Une injustice prend fin au Musée d’Art Moderne et Contemporain de Strasbourg (MAMCS). Pour la première fois en France, l’artiste allemande Käthe Kollwitz a enfin le droit a une rétrospective. Jusqu’au 12 janvier 2020, près de 150 de ses oeuvres sont exposées à Strasbourg.
Cette icône de l’engagement pacifiste a d’abord dessiné et gravé la pauvreté et la révolte des plus démunis. Témoin de l’entre-deux guerres en Allemagne, Käthe Kollwitz a ensuite dénoncé les ravages des conflits armés. Ses gravures les plus sombres montrent les enfants prêts à être mobilisés, le désespoir des parents ou de la veuve face aux morts des champs de bataille… « C’est une artiste complète, qui nous touche par son humanité profonde, ses dessins de visages, de mains… Tout ce qui fait de nous des Hommes », analyse Estelle Pietrzyk, directrice du MAMCS.
L’artiste et le peuple
« Je veux agir dans ce temps », écrivait Käthe Kollwitz dans son journal intime, entre la fin du XIXe siècle et 1945. Lorsque l’artiste peint une révolte de tisserands datant de 1844, elle donne aux révolutionnaires des vêtements d’ouvriers de son époque. Cette femme engagée tenait à participer à « une compréhension mutuelle entre l’artiste et le peuple ».
L’épouse du docteur Karl Kollwitz voyait les malades, les affamés et les mourants défiler chez elle, plusieurs dizaines chaque jour.
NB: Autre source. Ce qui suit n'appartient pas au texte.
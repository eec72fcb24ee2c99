-- ===== src/Handler.antt =====
-- application/wallet/handlers/wallet_command_handler.py over the command service and the query
-- service, which are the handler's constructor arguments.
pub mod Wrapping
mod Tests
use microservice_wallet_serv.Base.{String, Bool, true, false, Option, none, some, if◌then◌else◌}
use microservice_wallet_serv.Base.Text.{Text}
use microservice_wallet_serv.Errors.{
  Uuid, PyError, wallet_domain, is_wallet_domain_error, is_wallet_not_found,
}
use microservice_wallet_serv.Errors.Exec.{Exec, pure, raise, catch, ◌>>=◌, ◌>>◌}
use microservice_wallet_serv.Decimal.{Decimal}
use microservice_wallet_serv.Queries.{WalletView}

-- `WalletCommandServiceInterface`, over some state
pub record CommandService (S : Type 0) : Type 0 where
  pub create_wallet : Option Uuid → Option Uuid → Text → Exec S Uuid
  pub deposit : Option Uuid → Decimal → Option Uuid → Exec S (Unit {0})
  pub withdraw : Option Uuid → Decimal → Option Uuid → Exec S (Unit {0})
  pub pay_with_wallet : Option Uuid → Decimal → Option Uuid → Exec S (Unit {0})
  pub refund : Option Uuid → Decimal → Option Uuid → Exec S (Unit {0})
  pub adjustment : Option Uuid → Decimal → Text → Option Uuid → Exec S (Unit {0})
  pub suspend_wallet : Option Uuid → Exec S (Unit {0})
  pub activate_wallet : Option Uuid → Exec S (Unit {0})
  pub close_wallet : Option Uuid → Exec S (Unit {0})

-- `except WalletDomainError: raise`, then `except Exception: raise WalletDomainError(…)`
unfoldable pub wrap : {S A : Type 0} → String → Exec S A → Exec S A
wrap message m =
    catch m λ e. if is_wallet_domain_error e then raise e else raise (wallet_domain message)

-- a fetch of the view whose failure becomes one of two bare WalletDomainErrors
unfoldable pub fetch : {S : Type 0} → String → String → Exec S WalletView → Exec S WalletView
fetch missing failed m = catch m λ e.
    if is_wallet_not_found e then raise (wallet_domain missing) else raise (wallet_domain failed)

module _ {S : Type 0} (commands : CommandService S)
    (get_wallet : Option Uuid → Exec S WalletView) where
  -- `_safe_fetch_view`
  unfoldable pub safe_fetch_view : Option Uuid → Exec S WalletView
  unfolding fetch
  safe_fetch_view id =
      fetch "Wallet not found after successful command"
        "Failed to retrieve wallet view after command" (get_wallet id)

  unfoldable pub create_wallet : Option Uuid → Text → Option Uuid → Exec S WalletView
  unfolding wrap fetch
  create_wallet user currency wallet = do
    id ← wrap "Failed to create wallet" (commands.create_wallet wallet user currency)
    fetch "Wallet created but not found in read model" "Wallet created but failed to load view"
        (get_wallet (some id))

  unfoldable pub deposit : Option Uuid → Decimal → Option Uuid → Exec S WalletView
  unfolding wrap safe_fetch_view
  deposit wallet amount reference = do
    wrap "Failed to deposit into wallet" (commands.deposit wallet amount reference)
    safe_fetch_view wallet

  unfoldable pub withdraw : Option Uuid → Decimal → Option Uuid → Exec S WalletView
  unfolding wrap safe_fetch_view
  withdraw wallet amount reference = do
    wrap "Failed to withdraw from wallet" (commands.withdraw wallet amount reference)
    safe_fetch_view wallet

  unfoldable pub pay_with_wallet : Option Uuid → Decimal → Option Uuid → Exec S WalletView
  unfolding wrap safe_fetch_view
  pay_with_wallet wallet amount booking = do
    wrap "Failed to pay using wallet" (commands.pay_with_wallet wallet amount booking)
    safe_fetch_view wallet

  unfoldable pub refund : Option Uuid → Decimal → Option Uuid → Exec S WalletView
  unfolding wrap safe_fetch_view
  refund wallet amount booking = do
    wrap "Failed to refund to wallet" (commands.refund wallet amount booking)
    safe_fetch_view wallet

  unfoldable pub adjustment : Option Uuid → Decimal → Text → Option Uuid → Exec S WalletView
  unfolding wrap safe_fetch_view
  adjustment wallet amount reason admin = do
    wrap "Failed to adjust wallet balance" (commands.adjustment wallet amount reason admin)
    safe_fetch_view wallet

  unfoldable pub suspend_wallet : Option Uuid → Exec S WalletView
  unfolding wrap safe_fetch_view
  suspend_wallet wallet = do
    wrap "Failed to suspend wallet" (commands.suspend_wallet wallet)
    safe_fetch_view wallet

  unfoldable pub activate_wallet : Option Uuid → Exec S WalletView
  unfolding wrap safe_fetch_view
  activate_wallet wallet = do
    wrap "Failed to activate wallet" (commands.activate_wallet wallet)
    safe_fetch_view wallet

  unfoldable pub close_wallet : Option Uuid → Exec S WalletView
  unfolding wrap safe_fetch_view
  close_wallet wallet = do
    wrap "Failed to close wallet" (commands.close_wallet wallet)
    safe_fetch_view wallet
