-- ===== src/Handler/Wrapping.antt =====
-- Which exceptions leave the methods of WalletCommandHandler.
use microservice_wallet_serv.Base.{
  ◌≡◌, refl, inl, inr, true, String, Option, some, if◌then◌else◌, Bool-cases,
}
use microservice_wallet_serv.Base.Text.{Text}
use microservice_wallet_serv.Errors.{
  Uuid, PyError, Result, ok, err, wallet_domain, is_wallet_domain_error, is_wallet_not_found,
}
use microservice_wallet_serv.Errors.Exec.{Exec, catch, raise, ◌>>=◌, ◌>>◌}
use microservice_wallet_serv.Decimal.{Decimal}
use microservice_wallet_serv.Queries.{WalletView}
use microservice_wallet_serv.Handler.{CommandService, wrap, fetch, safe_fetch_view}
use microservice_wallet_serv.Handler

-- no exception, or a WalletDomainError
unfoldable pub IsDomainOnly : {A : Type 0} → Result A → Type 0
IsDomainOnly (ok a) = Unit
IsDomainOnly (err e) = is_wallet_domain_error e ≡ true

-- code that raises WalletDomainErrors only, in every state
unfoldable pub IsSafe : {S A : Type 0} → Exec S A → Type 0
unfolding IsDomainOnly
IsSafe {S} m = (s : S) → IsDomainOnly (m s).0

module _ {S : Type 0} where
  IsSafe-catch :
      {A : Type 0} (m : Exec S A) (h : PyError → Exec S A)
      → ((e : PyError) → IsSafe (h e))
      → IsSafe (catch m h)
  unfolding IsSafe IsDomainOnly
  IsSafe-catch {A} m h safe s = helper (m s)
    where
      continue : Result A × S → Result A × S
      continue (r, s') = elim r [ ok a ↦ (ok a, s') | err e ↦ h e s' ]

      helper : (p : Result A × S) → IsDomainOnly (continue p).0
      helper (ok a, s') = tt
      helper (err e, s') = safe e s'

  IsSafe-bind :
      {A B : Type 0} (m : Exec S A) (f : A → Exec S B)
      → IsSafe m
      → ((a : A) → IsSafe (f a))
      → IsSafe (m >>= f)
  unfolding IsSafe IsDomainOnly
  IsSafe-bind {A} {B} m f first rest s = helper (m s) (first s)
    where
      continue : Result A × S → Result B × S
      continue (r, s') = elim r [ ok a ↦ f a s' | err e ↦ (err e, s') ]

      helper : (p : Result A × S) → IsDomainOnly p.0 → IsDomainOnly (continue p).0
      helper (ok a, s') _ = rest a s'
      helper (err e, s') h = h

  wrap-IsSafe : {A : Type 0} (message : String) (m : Exec S A) → IsSafe (wrap message m)
  unfolding wrap IsSafe IsDomainOnly is_wallet_domain_error
  wrap-IsSafe message m =
      IsSafe-catch m
        (λ e. if is_wallet_domain_error e then raise e else raise (wallet_domain message))
        λ e s. elim (Bool-cases (is_wallet_domain_error e)) [
          | inl same ↦ rw same same
          | inr not_same ↦ rw not_same refl
        ]

  fetch-IsSafe : (missing failed : String) (m : Exec S WalletView) → IsSafe (fetch missing failed m)
  unfolding fetch IsSafe IsDomainOnly is_wallet_domain_error
  fetch-IsSafe missing failed m =
      IsSafe-catch m
        (λ e.
          if is_wallet_not_found e
          then raise (wallet_domain missing)
          else raise (wallet_domain failed))
        λ e s. elim (Bool-cases (is_wallet_not_found e)) [
          | inl same ↦ rw same refl
          | inr not_same ↦ rw not_same refl
        ]

module _ {S : Type 0} (commands : CommandService S)
    (get_wallet : Option Uuid → Exec S WalletView) where
  view-IsSafe : (id : Option Uuid) → IsSafe (safe_fetch_view commands get_wallet id)
  unfolding safe_fetch_view
  view-IsSafe id = fetch-IsSafe _ _ _

  -- a command, wrapped, and the view after it
  command-IsSafe :
      (message : String) (m : Exec S (Unit {0})) (id : Option Uuid)
      → IsSafe (wrap message m >> safe_fetch_view commands get_wallet id)
  command-IsSafe message m id = IsSafe-bind _ _ (wrap-IsSafe message m) λ _. view-IsSafe id

  -- Whatever the command service and the query service raise, the only exceptions that leave the
  -- nine methods of the handler are WalletDomainErrors, from every state and for all arguments.
  pub methods-IsSafe :
      (user wallet reference : Option Uuid) (currency reason : Text) (amount : Decimal)
      → IsSafe (Handler.create_wallet commands get_wallet user currency wallet)
        × IsSafe (Handler.deposit commands get_wallet wallet amount reference)
        × IsSafe (Handler.withdraw commands get_wallet wallet amount reference)
        × IsSafe (Handler.pay_with_wallet commands get_wallet wallet amount reference)
        × IsSafe (Handler.refund commands get_wallet wallet amount reference)
        × IsSafe (Handler.adjustment commands get_wallet wallet amount reason reference)
        × IsSafe (Handler.suspend_wallet commands get_wallet wallet)
        × IsSafe (Handler.activate_wallet commands get_wallet wallet)
        × IsSafe (Handler.close_wallet commands get_wallet wallet)
  unfolding Handler.create_wallet Handler.deposit Handler.withdraw Handler.pay_with_wallet
      Handler.refund Handler.adjustment Handler.suspend_wallet Handler.activate_wallet
      Handler.close_wallet
  methods-IsSafe user wallet reference currency reason amount = (
    IsSafe-bind (wrap "Failed to create wallet" (commands.create_wallet wallet user currency)) _
        (wrap-IsSafe _ _) (λ id. fetch-IsSafe _ _ (get_wallet (some id))),
    command-IsSafe _ _ wallet,
    command-IsSafe _ _ wallet,
    command-IsSafe _ _ wallet,
    command-IsSafe _ _ wallet,
    command-IsSafe _ _ wallet,
    command-IsSafe _ _ wallet,
    command-IsSafe _ _ wallet,
    command-IsSafe _ _ wallet,
  )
Cette « femme assise se lamentant les bras levés », cette famille miséreuse aux yeux dans le vide, cette mère ne sachant comment nourrir son fils… Käthe Kollwitz les a toutes vues. Ainsi s’est construit une oeuvre réaliste, souvent crue, toujours bouleversante.
La force de ses oeuvres vient peut-être de cette proximité avec ses sujets. Dès 1914, Käthe Kollwitz perd son fils Peter, engagé volontaire. Par la suite, la mère se met à crayonner l’attente du retour, le désespoir des parents endeuillés, le sacrifice d’un enfant pour une patrie mensongère. Ces dessins sont bouleversants de justesse, de pudeur et d’une violence qu’on croit inimaginable. La deuxième partie de l’exposition se voit avec le cœur serré. Chaque détail rend l’horreur de la guerre plus réel.
Un art engagé
Grâce à son art, Käthe Kollwitz défend les opprimés, s’oppose à la guerre. En 1906, elle dessine l’affiche pour l’exposition allemande sur le travail à domicile. En 1924, la mère endeuillée appelle au rassemblement avec pour mot d’ordre « Plus jamais la guerre ». Quatre ans plus tôt, elle attirait l’attention sur la famine dans la capitale autrichienne : « Vienne meurt! Sauvez ses enfants! », est écrit en rouge aux côté d’un squelette. Il fouette une femme courbée, suivi de gamins en pleurs. Ils s’accrochent à elle.
Une reconnaissance française tardive
La reconnaissance française a été tardive pour cette artiste aussi inclassable qu’intemporelle. « Les artistes allemands ont mis du temps à être étudiés en France », regrette la directrice du MAMCS. Bien sûr, quand les universitaires français s’y sont mis, ils ont travaillé sur les peintres comme Otto Dix, Max Liebermann ou George Grosz. Les hommes d’abord… Ce qui est d’ailleurs une autre révolte portée par Käthe Kollwitz. D’abord interdite d’accès aux Beaux-Arts de Berlin, fermé aux femmes, elle est parvenue à se hisser au rang d’icône de l’art engagé allemand. De même, les spécialistes américains des « Gender Studies » (études du genre) ont beaucoup travaillé sur la représentation du corps féminin par l’artiste allemande. Le Musée d’art moderne permet donc à la France de rattraper son retard face à une figure d’une telle envergure.